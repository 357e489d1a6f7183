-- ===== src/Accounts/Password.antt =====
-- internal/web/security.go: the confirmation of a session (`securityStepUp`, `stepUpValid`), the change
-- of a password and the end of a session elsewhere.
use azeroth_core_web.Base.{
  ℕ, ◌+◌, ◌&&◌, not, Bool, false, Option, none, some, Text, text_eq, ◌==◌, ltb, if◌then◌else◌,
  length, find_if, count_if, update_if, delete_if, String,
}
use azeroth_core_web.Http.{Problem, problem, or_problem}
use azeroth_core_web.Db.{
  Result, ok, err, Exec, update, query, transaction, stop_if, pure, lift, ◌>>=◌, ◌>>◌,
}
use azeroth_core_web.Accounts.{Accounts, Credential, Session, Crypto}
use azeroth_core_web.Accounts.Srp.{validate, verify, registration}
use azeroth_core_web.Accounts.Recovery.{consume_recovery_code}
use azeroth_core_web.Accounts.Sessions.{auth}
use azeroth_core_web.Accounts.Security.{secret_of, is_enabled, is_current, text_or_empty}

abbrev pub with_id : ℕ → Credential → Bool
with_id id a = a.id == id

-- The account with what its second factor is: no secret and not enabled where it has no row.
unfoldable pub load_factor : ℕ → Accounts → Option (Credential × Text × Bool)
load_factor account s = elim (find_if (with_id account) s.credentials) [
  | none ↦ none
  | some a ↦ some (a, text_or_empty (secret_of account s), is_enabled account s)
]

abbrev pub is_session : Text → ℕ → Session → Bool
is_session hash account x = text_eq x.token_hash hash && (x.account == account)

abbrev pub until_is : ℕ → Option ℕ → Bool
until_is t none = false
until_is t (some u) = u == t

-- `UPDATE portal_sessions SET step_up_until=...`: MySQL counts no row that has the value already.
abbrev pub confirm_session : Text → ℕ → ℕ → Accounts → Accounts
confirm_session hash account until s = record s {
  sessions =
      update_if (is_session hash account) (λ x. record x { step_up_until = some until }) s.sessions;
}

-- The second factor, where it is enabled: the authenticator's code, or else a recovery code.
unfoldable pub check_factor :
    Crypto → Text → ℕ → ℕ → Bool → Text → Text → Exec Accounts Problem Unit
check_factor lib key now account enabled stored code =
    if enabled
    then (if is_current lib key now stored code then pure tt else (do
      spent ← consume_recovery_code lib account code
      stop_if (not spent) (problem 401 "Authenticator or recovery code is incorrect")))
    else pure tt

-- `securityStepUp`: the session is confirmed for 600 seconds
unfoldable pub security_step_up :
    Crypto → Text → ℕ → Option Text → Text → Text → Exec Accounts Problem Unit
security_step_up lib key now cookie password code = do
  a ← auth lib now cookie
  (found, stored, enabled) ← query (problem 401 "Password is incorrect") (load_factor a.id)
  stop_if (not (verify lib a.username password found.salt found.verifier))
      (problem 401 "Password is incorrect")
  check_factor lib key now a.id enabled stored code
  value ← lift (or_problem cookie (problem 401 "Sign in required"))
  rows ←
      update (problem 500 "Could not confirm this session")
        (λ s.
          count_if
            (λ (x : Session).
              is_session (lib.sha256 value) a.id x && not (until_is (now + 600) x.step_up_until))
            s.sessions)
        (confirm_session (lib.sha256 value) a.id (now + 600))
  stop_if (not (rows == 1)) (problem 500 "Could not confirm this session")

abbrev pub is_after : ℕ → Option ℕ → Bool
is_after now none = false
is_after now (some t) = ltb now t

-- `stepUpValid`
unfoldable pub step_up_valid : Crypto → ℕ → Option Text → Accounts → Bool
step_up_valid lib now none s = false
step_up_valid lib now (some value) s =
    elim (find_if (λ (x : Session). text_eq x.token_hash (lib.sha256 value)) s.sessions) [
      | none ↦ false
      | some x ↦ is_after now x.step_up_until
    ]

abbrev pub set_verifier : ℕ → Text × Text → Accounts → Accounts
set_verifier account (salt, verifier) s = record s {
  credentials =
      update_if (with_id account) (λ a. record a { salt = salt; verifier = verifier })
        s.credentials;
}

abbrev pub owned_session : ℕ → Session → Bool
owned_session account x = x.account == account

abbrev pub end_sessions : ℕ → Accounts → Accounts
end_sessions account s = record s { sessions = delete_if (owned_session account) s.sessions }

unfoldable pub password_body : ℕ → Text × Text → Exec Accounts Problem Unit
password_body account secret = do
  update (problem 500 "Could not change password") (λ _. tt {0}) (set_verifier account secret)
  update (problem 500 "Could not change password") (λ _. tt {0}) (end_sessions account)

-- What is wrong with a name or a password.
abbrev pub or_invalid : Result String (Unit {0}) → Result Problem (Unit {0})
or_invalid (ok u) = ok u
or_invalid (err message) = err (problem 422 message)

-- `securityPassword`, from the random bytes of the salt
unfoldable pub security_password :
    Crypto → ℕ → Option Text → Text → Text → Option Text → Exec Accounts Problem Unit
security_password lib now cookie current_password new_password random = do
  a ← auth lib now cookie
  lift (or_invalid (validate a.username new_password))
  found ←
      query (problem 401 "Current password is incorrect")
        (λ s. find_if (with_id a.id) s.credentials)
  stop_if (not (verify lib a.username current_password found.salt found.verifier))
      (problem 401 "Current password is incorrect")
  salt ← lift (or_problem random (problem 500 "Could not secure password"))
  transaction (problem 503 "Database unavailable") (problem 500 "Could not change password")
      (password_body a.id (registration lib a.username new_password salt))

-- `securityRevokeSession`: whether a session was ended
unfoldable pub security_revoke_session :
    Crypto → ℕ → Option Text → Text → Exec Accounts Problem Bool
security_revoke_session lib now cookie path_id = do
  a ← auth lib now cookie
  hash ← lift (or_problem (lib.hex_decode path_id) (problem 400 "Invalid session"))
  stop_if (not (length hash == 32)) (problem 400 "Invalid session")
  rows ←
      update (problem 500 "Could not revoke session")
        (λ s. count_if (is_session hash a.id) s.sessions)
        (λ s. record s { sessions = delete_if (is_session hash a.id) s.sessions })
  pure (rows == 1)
* * *
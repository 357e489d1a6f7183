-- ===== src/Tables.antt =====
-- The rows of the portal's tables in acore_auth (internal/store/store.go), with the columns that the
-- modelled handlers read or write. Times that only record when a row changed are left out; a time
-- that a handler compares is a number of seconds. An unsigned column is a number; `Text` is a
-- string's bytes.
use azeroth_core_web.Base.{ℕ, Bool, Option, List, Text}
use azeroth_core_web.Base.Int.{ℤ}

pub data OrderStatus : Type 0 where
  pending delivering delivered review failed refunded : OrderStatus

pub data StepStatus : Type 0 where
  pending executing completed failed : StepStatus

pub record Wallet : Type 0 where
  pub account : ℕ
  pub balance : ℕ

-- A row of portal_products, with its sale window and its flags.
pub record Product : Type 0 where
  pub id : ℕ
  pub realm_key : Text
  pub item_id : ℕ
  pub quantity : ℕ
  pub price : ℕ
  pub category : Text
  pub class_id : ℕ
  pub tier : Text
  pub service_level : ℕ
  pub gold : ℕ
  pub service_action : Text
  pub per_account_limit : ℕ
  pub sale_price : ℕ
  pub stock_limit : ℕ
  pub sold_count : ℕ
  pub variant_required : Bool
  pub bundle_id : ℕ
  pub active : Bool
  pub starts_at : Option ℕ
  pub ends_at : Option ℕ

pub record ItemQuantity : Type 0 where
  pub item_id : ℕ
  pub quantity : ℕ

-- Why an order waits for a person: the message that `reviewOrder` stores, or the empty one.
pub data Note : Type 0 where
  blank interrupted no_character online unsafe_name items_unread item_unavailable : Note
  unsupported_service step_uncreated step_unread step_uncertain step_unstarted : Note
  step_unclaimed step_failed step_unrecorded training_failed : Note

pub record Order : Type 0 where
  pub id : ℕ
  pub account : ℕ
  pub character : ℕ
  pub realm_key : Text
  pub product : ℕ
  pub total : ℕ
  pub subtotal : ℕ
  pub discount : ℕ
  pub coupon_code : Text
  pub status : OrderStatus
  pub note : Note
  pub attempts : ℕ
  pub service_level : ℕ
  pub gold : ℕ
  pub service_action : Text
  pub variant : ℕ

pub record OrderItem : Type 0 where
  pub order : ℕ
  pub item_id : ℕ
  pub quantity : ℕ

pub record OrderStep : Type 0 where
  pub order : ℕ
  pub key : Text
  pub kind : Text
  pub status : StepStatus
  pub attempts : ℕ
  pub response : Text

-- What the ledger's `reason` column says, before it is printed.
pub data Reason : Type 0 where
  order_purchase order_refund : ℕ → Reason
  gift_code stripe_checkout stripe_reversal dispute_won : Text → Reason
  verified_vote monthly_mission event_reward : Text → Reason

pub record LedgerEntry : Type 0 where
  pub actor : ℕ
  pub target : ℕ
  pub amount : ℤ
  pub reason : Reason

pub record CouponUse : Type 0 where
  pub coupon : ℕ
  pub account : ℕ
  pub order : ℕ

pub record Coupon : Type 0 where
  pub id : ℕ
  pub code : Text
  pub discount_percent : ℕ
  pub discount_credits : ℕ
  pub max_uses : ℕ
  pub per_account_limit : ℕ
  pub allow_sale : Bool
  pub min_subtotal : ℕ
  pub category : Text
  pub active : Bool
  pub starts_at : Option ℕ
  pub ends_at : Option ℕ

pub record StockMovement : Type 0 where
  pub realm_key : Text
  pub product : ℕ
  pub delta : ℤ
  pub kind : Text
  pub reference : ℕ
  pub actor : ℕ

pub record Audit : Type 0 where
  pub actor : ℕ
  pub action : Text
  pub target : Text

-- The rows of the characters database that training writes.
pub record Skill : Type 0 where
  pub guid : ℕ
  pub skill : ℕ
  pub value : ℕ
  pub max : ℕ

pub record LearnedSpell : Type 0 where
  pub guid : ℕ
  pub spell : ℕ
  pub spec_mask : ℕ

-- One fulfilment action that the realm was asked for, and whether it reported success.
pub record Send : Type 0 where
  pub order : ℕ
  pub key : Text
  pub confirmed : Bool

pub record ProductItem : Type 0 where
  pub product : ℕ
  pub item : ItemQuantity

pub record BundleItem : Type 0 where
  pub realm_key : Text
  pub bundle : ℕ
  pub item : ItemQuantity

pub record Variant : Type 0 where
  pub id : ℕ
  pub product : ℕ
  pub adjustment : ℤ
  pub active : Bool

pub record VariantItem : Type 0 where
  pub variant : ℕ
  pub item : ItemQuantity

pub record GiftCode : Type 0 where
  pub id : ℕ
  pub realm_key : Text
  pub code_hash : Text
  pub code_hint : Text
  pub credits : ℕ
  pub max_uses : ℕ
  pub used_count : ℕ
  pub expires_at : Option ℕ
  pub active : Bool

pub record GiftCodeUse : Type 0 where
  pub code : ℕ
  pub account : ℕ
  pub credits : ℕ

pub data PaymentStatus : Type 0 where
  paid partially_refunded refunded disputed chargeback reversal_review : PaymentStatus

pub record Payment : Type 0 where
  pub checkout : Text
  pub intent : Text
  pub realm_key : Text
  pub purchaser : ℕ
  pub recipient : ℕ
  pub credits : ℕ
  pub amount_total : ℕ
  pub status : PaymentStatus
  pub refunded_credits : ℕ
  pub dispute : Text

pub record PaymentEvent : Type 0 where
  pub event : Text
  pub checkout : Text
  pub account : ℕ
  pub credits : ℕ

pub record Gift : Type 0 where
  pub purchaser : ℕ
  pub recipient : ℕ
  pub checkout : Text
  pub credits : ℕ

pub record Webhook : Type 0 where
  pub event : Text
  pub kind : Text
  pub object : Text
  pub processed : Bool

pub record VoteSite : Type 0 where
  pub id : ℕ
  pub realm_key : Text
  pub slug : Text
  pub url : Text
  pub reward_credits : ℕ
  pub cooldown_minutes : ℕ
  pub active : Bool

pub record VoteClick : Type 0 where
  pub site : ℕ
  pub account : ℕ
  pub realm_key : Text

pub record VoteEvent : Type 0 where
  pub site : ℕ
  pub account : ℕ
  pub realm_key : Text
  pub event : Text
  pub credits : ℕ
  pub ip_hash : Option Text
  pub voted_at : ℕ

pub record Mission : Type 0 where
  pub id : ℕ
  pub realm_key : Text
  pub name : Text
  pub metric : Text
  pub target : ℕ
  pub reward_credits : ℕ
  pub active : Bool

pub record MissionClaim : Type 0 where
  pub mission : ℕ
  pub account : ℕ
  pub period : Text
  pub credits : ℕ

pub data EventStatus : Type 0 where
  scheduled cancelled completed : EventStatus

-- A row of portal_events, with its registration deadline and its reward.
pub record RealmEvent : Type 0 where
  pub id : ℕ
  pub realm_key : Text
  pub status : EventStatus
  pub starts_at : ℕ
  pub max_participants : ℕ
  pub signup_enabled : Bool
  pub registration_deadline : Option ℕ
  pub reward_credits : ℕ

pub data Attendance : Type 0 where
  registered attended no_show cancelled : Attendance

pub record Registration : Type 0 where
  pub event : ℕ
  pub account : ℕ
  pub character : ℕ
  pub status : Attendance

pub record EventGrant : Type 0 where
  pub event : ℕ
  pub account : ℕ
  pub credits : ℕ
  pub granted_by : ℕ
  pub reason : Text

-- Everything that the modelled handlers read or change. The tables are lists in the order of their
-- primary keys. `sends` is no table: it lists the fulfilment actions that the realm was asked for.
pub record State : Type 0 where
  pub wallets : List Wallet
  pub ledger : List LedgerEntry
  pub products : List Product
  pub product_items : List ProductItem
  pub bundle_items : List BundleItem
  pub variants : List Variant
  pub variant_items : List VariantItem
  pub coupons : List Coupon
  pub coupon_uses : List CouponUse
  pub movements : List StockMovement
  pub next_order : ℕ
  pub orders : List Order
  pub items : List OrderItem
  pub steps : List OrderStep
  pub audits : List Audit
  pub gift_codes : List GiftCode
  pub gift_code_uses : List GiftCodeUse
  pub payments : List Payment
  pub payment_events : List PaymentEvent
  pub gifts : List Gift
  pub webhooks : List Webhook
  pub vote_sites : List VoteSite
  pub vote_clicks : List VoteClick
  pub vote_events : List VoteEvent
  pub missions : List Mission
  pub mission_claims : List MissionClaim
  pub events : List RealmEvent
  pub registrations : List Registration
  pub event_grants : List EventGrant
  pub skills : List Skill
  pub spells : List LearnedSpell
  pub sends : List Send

**ACTIVITY:**
Copy out each line of the data above, exactly, if it lies between the line holding "abbrev pub or_invalid" and the line holding "pure (rows == 1)", inclusive; copy no other line.

**RESPONSE TO THE TASK:**
abbrev pub or_invalid : Result String (Unit {0}) → Result Problem (Unit {0})
or_invalid (ok u) = ok u
or_invalid (err message) = err (problem 422 message)

-- `securityPassword`, from the random bytes of the salt
unfoldable pub security_password :
    Crypto → ℕ → Option Text → Text → Text → Option Text → Exec Accounts Problem Unit
security_password lib now cookie current_password new_password random = do
  a ← auth lib now cookie
  lift (or_invalid (validate a.username new_password))
  found ←
      query (problem 401 "Current password is incorrect")
        (λ s. find_if (with_id a.id) s.credentials)
  stop_if (not (verify lib a.username current_password found.salt found.verifier))
      (problem 401 "Current password is incorrect")
  salt ← lift (or_problem random (problem 500 "Could not secure password"))
  transaction (problem 503 "Database unavailable") (problem 500 "Could not change password")
      (password_body a.id (registration lib a.username new_password salt))

-- `securityRevokeSession`: whether a session was ended
unfoldable pub security_revoke_session :
    Crypto → ℕ → Option Text → Text → Exec Accounts Problem Bool
security_revoke_session lib now cookie path_id = do
  a ← auth lib now cookie
  hash ← lift (or_problem (lib.hex_decode path_id) (problem 400 "Invalid session"))
  stop_if (not (length hash == 32)) (problem 400 "Invalid session")
  rows ←
      update (problem 500 "Could not revoke session")
        (λ s. count_if (is_session hash a.id) s.sessions)
        (λ s. record s { sessions = delete_if (is_session hash a.id) s.sessions })
  pure (rows == 1)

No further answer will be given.